2. **Run your first task** (Before proceeding, check the logs in `logs` directory to ensure the vLLM server is deployed.)
```python
import asyncio
from deploy_agent import run_one, BrowserPool
from utils.openai_generator import OpenAIAsyncGenerator
async def main():
# Initialize generator and browser
generator = OpenAIAsyncGenerator(
base_url="http://localhost:8001/v1",
model_name="OpenResearcher/OpenResearcher-30B-A3B",
use_native_tools=True
)
browser_pool = BrowserPool(search_url=None, browser_backend="serper")
# Run deep research
await run_one(
question="What is the latest news about OpenAI?",
qid="quick_start",
generator=generator,
browser_pool=browser_pool,
)
browser_pool.cleanup("quick_start")
if __name__ == "__main__":
asyncio.run(main())
```
The deep research agent will automatically search the web, browse webpages, and extract relevant information. You'll see the final answer along with all intermediate reasoning steps.

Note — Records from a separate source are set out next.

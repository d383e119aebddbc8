-- ===== src/FastPath.antt =====
-- internal/controlplane/fastpath/server.go: `provisionRuntime`, which asks one Fastlet after the other to
-- create the Sandbox of a request.
--
-- The answers of Kubernetes and of the Fastlets enter by the number of Fastlets tried before.
pub mod Intent
pub mod Replay
pub mod Budget
pub mod Attempts
use fast_sandbox.Base.{
  ◌≡◌, ℕ, zero, suc, Bool, true, false, not, ◌&&◌, ◌||◌, Option, none, some, List, [], ◌∷◌, length,
  take, keep_if, String, ◌==◌, text_equality, if◌then◌else◌, ltb, ℤ, pos, ◌+ℤ◌,
}
use fast_sandbox.Placement.Types.{FastletInfo}
use fast_sandbox.Assignment.{AssignmentEnvelope}
use fast_sandbox.Orchestrator.{
  CreateAnswer, observed, no_observation, call_failed, is_candidate_rejection, is_local_conflict,
  assignment_for_candidate,
}

-- How the loop ends. `retained` leaves the intent to the controller; `rolled_back` has deleted it.
pub data CreateEnd : Type 0 where
  succeeded retained context_ended advance_failed refresh_failed rolled_back rollback_failed
        no_candidate :
      CreateEnd

-- Whether a failed call permits another Fastlet; `is_owner` is that this request created the intent.
unfoldable pub is_definite : Bool → CreateAnswer → Bool
unfolding is_candidate_rejection
is_definite is_owner observed = false
is_definite is_owner no_observation = false
is_definite is_owner (call_failed e) = is_candidate_rejection e || is_owner && is_local_conflict e

abbrev pub max_create_candidate_attempts : ℕ
max_create_candidate_attempts = 32

unfoldable pub has_id : String → List String → Bool
has_id id [] = false
has_id id (other ∷ rest) = other == id || has_id id rest

module _ {Q : Type 0} where
  -- `compatibleCandidates`
  unfoldable pub compatible_candidates : List (FastletInfo Q) → String → List (FastletInfo Q)
  compatible_candidates candidates revision =
      if revision == ""
      then candidates
      else keep_if (λ c. c.fastlet_revision == revision) candidates

-- What the loop meets at one Fastlet: whether the context has ended, the new runtime id, whether
-- `casCreateAssignment` succeeds, the answer to the call, the candidates that `refreshCreateCandidates`
-- finds, none for an error, and whether the deletion of the intent succeeds.
pub record CreateTurn (Q : Type 0) : Type 0 where
  pub has_ended : Bool
  pub runtime_id : Option String
  pub is_swapped : Bool
  pub answer : CreateAnswer
  pub more : Option (List (FastletInfo Q))
  pub is_deleted : Bool

-- A call of a Fastlet. The assignment of all but the first was written just before.
pub record CreateAttempt (Q : Type 0) : Type 0 where
  pub target : FastletInfo Q
  pub envelope : AssignmentEnvelope
  pub answer : CreateAnswer

abbrev pub CreateTrace : Type 0 → Type 0
CreateTrace Q = List (CreateAttempt Q) × CreateEnd

module _ {Q : Type 0} (turns : ℕ → CreateTurn Q) (is_owner : Bool) where
  -- `advanceCreateAssignment`, none for an error.
  abbrev pub advanced :
      CreateTurn Q → FastletInfo Q → AssignmentEnvelope → Option String → Option AssignmentEnvelope
  advanced t c a none = none
  advanced t c a (some id) =
      if t.is_swapped
      then assignment_for_candidate c (a.attempt +ℤ pos 1) a.instance_generation
          (a.route_generation +ℤ pos 1) id
      else none

  abbrev pub assigned :
      Bool → CreateTurn Q → FastletInfo Q → AssignmentEnvelope → Option AssignmentEnvelope
  assigned true t c a = some a
  assigned false t c a = advanced t c a t.runtime_id

  -- The candidates from the first on that was not tried.
  unfoldable pub skip_tried : List String → List (FastletInfo Q) → List (FastletInfo Q)
  unfolding has_id
  skip_tried tried [] = []
  skip_tried tried (c ∷ rest) =
      let later = skip_tried tried rest in if has_id c.id tried then later else c ∷ rest

  abbrev pub within_budget : ℕ → Option (List (FastletInfo Q)) → Option (List (FastletInfo Q))
  within_budget budget none = none
  within_budget budget (some more) = some (take budget more)

  -- The candidates after a definite rejection, none for an error.
  abbrev pub refreshed : ℕ → CreateTurn Q → List (FastletInfo Q) → Option (List (FastletInfo Q))
  refreshed budget t [] = if is_owner && ltb 0 budget then within_budget budget t.more else some []
  refreshed budget t (c ∷ rest) = some (c ∷ rest)

  -- `finishRejectedCreate`
  abbrev pub finish_rejected : CreateTurn Q → CreateTrace Q
  finish_rejected t =
      ([], if not is_owner then retained else if t.is_deleted then rolled_back else rollback_failed)

  abbrev pub NextAttempts : Type 0
  NextAttempts = List (FastletInfo Q) → AssignmentEnvelope → CreateTrace Q

  abbrev pub after_rejection :
      NextAttempts
      → ℕ
      → CreateTurn Q
      → AssignmentEnvelope
      → Option (List (FastletInfo Q))
      → CreateTrace Q
  after_rejection next budget t a none = ([], refresh_failed)
  after_rejection next budget t a (some []) = finish_rejected t
  after_rejection next budget t a (some (c ∷ rest)) =
      if ltb 0 budget then next (c ∷ rest) a else finish_rejected t

  abbrev pub after_call :
      NextAttempts
      → ℕ
      → CreateTurn Q
      → List (FastletInfo Q)
      → AssignmentEnvelope
      → CreateAnswer
      → CreateTrace Q
  after_call next budget t rest a observed = ([], succeeded)
  after_call next budget t rest a no_observation = ([], retained)
  after_call next budget t rest a (call_failed e) =
      if is_definite is_owner (call_failed e)
      then after_rejection next budget t a (refreshed budget t rest)
      else ([], retained)

  abbrev pub before_call : CreateAttempt Q → CreateTrace Q → CreateTrace Q
  before_call x (attempts, end') = (x ∷ attempts, end')

  abbrev pub attempt_with :
      NextAttempts
      → ℕ
      → CreateTurn Q
      → FastletInfo Q
      → List (FastletInfo Q)
      → Option AssignmentEnvelope
      → CreateTrace Q
  attempt_with next budget t c rest none = ([], advance_failed)
  attempt_with next budget t c rest (some a) =
      before_call (record { target = c; envelope = a; answer = t.answer })
        (after_call next budget t rest a t.answer)

  abbrev pub attempt_first :
      (List String → NextAttempts)
      → ℕ
      → Bool
      → List String
      → List (FastletInfo Q)
      → AssignmentEnvelope
      → CreateTrace Q
  attempt_first next budget is_first tried [] a = ([], no_candidate)
  attempt_first next budget is_first tried (c ∷ rest) a =
      let t = turns (length tried) in
      if t.has_ended
      then ([], context_ended)
      else attempt_with (next (c.id ∷ tried)) budget t c rest (assigned is_first t c a)

  -- The loop; `is_first` is that the index is 0, the number how many Fastlets may still be tried.
  unfoldable pub provision :
      ℕ → Bool → List String → List (FastletInfo Q) → AssignmentEnvelope → CreateTrace Q
  unfolding is_definite assignment_for_candidate skip_tried
  provision zero is_first tried candidates a = ([], no_candidate)
  provision (suc budget) is_first tried candidates a =
      attempt_first (provision budget false) budget is_first tried (skip_tried tried candidates) a

  unfoldable pub provision_runtime : List (FastletInfo Q) → AssignmentEnvelope → CreateTrace Q
  unfolding provision
  provision_runtime candidates a = provision max_create_candidate_attempts true [] candidates a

## π¬ Benchmark OpenResearcher
We benchmark our OpenResearcher-30B-A3B using below deep research benchmarks:
| Benchmark | Dataset Key | Size | Language | Search Backend | Description |
|-----------|-------------|------|----------|----------------|-------------|
| [BrowseComp-Plus](https://arxiv.org/abs/2508.06600) | `browsecomp_plus` | 830 | EN | local | Deep-research benchmark from BrowseComp isolating retriever and LLM agent effects |
| [BrowseComp](https://arxiv.org/abs/2504.12516) | `browsecomp` | 1,266 | EN | serper | A Simple Yet Challenging Benchmark for Browsing Agents |
| [GAIA-text](https://arxiv.org/abs/2311.12983) | `gaia` | 103 | EN | serper | Text-only subset of GAIA benchmark (dev split) |
| [xbench-DeepResearch](https://github.com/THUDM/xbench) | `xbench` | 100 | ZH | serper | DeepSearch benchmark with encrypted test cases |
For more info about these deep research benchmarks, see [benchmarks.md](assets/docs/benchmarks.md)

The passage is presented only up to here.